Saved entries:
========

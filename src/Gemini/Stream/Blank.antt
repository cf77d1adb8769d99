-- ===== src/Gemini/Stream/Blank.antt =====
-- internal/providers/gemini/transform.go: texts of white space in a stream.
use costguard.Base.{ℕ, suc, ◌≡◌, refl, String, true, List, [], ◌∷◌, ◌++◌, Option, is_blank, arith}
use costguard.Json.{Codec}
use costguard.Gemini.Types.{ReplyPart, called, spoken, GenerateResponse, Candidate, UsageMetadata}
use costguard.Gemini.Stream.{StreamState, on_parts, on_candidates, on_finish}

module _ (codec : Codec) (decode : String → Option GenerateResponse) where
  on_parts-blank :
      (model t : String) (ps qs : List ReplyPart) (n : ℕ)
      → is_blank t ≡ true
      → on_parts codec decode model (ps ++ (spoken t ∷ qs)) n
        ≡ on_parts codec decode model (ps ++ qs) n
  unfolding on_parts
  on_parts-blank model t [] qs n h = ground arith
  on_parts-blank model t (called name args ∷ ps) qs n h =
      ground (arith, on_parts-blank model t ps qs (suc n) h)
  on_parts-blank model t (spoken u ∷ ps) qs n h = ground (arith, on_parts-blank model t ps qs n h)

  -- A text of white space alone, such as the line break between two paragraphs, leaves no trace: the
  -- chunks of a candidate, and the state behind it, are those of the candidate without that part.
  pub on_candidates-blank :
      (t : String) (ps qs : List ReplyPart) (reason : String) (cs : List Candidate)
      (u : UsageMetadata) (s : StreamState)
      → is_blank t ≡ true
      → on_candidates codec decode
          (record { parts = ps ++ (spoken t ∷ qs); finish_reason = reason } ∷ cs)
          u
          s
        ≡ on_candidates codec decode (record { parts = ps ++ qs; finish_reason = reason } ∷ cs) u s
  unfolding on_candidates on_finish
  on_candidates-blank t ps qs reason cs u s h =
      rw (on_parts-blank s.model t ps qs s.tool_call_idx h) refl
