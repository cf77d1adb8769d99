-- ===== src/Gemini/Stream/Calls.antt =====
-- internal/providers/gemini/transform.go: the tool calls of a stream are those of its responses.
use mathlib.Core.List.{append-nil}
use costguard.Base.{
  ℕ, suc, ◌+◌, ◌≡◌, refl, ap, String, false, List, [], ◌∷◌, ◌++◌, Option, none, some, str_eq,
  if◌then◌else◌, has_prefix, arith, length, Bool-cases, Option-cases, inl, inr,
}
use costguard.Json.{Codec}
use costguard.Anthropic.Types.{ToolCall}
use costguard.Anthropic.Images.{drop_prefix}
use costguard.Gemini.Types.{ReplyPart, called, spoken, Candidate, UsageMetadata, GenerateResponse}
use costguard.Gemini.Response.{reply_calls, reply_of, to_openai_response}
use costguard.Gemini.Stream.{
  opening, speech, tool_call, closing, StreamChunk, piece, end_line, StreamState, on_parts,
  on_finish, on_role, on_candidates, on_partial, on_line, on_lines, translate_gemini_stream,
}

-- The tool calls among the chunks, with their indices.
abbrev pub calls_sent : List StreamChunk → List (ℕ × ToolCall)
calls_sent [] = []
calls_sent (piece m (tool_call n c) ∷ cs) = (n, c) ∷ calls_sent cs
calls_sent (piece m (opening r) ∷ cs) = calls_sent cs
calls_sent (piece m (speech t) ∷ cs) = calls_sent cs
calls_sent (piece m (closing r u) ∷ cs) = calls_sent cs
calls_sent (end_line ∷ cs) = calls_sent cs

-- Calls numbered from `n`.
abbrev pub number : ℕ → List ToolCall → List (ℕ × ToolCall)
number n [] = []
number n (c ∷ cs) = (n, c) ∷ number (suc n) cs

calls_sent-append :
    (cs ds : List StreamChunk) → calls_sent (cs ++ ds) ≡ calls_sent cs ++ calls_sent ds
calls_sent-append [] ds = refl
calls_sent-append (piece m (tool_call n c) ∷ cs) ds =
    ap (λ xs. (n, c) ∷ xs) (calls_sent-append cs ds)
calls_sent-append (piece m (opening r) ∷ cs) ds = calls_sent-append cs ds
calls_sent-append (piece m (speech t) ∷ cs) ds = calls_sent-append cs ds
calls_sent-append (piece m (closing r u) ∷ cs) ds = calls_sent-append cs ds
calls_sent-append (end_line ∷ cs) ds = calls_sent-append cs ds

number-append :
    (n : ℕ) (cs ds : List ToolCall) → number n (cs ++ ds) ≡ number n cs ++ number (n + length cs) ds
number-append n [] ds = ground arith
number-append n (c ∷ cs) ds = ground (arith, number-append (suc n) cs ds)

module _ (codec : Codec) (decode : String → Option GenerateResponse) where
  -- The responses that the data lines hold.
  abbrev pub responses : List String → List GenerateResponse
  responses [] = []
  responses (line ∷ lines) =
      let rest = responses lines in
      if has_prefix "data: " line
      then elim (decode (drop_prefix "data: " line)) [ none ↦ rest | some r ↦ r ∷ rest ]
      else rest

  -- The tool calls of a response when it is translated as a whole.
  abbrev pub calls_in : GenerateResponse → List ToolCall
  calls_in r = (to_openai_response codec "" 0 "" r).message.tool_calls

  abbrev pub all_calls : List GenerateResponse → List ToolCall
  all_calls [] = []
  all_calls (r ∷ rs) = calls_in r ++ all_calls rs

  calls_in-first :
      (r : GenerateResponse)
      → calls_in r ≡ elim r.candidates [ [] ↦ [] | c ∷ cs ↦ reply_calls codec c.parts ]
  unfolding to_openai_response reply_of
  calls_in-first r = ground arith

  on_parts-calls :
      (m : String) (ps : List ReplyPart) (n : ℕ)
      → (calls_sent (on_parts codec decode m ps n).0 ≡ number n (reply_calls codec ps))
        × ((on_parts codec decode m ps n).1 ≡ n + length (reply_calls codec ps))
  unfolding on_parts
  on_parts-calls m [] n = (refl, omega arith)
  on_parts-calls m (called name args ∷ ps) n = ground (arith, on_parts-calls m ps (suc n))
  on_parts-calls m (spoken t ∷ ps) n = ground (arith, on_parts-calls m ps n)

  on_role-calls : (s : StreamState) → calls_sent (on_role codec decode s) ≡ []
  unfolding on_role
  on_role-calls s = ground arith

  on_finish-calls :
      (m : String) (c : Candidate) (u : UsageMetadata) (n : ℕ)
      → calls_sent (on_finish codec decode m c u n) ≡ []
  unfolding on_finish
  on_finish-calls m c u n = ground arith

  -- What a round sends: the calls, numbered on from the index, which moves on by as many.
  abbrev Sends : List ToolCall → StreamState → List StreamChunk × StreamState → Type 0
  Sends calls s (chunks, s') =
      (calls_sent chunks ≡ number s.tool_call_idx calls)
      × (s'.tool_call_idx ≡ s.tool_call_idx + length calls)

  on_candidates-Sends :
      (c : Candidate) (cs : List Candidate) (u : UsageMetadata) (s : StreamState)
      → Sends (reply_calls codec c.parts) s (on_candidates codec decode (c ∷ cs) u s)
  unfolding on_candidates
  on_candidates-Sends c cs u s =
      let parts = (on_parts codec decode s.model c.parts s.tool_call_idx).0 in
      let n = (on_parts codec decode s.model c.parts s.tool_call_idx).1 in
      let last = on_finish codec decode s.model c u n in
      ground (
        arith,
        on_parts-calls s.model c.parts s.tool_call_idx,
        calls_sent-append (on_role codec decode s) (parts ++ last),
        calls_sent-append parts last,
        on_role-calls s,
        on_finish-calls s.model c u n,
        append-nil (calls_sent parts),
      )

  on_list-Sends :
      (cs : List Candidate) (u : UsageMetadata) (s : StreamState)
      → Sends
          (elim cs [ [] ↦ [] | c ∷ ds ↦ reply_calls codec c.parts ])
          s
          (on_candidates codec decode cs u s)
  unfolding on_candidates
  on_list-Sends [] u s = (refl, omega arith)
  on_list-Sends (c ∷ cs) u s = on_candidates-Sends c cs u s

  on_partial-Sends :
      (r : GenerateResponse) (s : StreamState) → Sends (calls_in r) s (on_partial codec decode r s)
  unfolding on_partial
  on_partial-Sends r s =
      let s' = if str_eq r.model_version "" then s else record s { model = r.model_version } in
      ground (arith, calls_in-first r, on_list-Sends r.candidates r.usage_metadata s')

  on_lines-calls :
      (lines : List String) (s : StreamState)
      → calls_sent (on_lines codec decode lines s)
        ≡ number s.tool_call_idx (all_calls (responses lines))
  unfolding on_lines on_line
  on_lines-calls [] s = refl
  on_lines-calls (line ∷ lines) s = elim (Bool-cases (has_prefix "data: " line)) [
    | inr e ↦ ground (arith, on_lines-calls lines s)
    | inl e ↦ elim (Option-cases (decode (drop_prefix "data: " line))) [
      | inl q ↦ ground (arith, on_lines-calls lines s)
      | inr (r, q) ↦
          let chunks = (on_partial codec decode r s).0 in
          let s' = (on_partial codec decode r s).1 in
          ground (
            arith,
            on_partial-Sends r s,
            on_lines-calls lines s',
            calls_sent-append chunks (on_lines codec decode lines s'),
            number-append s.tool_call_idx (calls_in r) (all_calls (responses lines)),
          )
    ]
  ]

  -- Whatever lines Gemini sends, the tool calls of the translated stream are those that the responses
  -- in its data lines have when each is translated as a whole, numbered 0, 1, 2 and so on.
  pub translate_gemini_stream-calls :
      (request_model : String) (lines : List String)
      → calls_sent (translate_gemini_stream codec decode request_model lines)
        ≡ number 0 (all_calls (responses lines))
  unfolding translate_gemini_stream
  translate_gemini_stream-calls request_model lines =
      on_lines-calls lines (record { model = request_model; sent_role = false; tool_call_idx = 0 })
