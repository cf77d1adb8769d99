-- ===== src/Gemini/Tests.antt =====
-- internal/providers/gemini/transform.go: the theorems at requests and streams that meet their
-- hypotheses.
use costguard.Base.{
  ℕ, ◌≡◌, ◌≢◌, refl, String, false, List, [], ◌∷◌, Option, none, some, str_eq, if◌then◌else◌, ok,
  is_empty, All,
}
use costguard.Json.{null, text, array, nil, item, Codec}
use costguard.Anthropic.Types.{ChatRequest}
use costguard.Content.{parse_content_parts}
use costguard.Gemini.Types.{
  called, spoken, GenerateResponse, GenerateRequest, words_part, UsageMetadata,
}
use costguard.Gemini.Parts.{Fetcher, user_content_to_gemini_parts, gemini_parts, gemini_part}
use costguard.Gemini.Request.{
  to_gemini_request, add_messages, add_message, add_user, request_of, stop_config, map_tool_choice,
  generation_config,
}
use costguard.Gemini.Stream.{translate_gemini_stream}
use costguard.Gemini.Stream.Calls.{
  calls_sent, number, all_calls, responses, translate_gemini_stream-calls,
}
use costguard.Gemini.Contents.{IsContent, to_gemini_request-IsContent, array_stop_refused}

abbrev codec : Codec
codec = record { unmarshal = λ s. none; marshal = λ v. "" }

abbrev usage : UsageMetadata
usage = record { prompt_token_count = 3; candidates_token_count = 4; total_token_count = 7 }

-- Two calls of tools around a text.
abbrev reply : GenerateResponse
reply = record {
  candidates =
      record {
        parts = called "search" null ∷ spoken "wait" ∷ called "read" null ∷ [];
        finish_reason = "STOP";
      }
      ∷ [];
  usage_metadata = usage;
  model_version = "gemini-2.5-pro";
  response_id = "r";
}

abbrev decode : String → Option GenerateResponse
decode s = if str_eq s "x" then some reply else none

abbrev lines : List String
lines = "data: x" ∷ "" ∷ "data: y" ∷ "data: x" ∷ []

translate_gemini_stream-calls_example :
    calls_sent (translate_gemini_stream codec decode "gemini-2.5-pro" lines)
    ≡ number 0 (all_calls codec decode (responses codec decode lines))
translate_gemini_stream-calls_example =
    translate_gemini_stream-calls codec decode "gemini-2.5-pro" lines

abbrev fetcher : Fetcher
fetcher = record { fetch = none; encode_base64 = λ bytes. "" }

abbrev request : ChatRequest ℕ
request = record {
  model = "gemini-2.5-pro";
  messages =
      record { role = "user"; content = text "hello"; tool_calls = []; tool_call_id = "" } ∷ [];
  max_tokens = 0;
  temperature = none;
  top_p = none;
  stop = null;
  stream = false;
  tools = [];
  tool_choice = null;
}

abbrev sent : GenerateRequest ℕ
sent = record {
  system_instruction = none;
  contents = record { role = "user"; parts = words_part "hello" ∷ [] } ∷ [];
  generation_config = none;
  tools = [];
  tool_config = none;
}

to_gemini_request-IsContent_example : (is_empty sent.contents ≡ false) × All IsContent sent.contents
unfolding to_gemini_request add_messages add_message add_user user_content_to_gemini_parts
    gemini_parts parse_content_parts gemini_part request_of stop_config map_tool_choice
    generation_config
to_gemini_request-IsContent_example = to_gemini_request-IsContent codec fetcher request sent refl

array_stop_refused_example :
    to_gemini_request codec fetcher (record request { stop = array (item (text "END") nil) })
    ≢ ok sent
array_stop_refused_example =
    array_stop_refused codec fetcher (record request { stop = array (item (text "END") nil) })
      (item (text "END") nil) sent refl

========

* [Your instructions] Extract from the records above the lines from the one containing "codec decode lines))" to the one containing "unfolding to_gemini_request add_messages", both lines included, exactly as they appear and with nothing else.

* [Answer to this problem]
    ≡ number 0 (all_calls codec decode (responses codec decode lines))
translate_gemini_stream-calls_example =
    translate_gemini_stream-calls codec decode "gemini-2.5-pro" lines

abbrev fetcher : Fetcher
fetcher = record { fetch = none; encode_base64 = λ bytes. "" }

abbrev request : ChatRequest ℕ
request = record {
  model = "gemini-2.5-pro";
  messages =
      record { role = "user"; content = text "hello"; tool_calls = []; tool_call_id = "" } ∷ [];
  max_tokens = 0;
  temperature = none;
  top_p = none;
  stop = null;
  stream = false;
  tools = [];
  tool_choice = null;
}

abbrev sent : GenerateRequest ℕ
sent = record {
  system_instruction = none;
  contents = record { role = "user"; parts = words_part "hello" ∷ [] } ∷ [];
  generation_config = none;
  tools = [];
  tool_config = none;
}

to_gemini_request-IsContent_example : (is_empty sent.contents ≡ false) × All IsContent sent.contents
unfolding to_gemini_request add_messages add_message add_user user_content_to_gemini_parts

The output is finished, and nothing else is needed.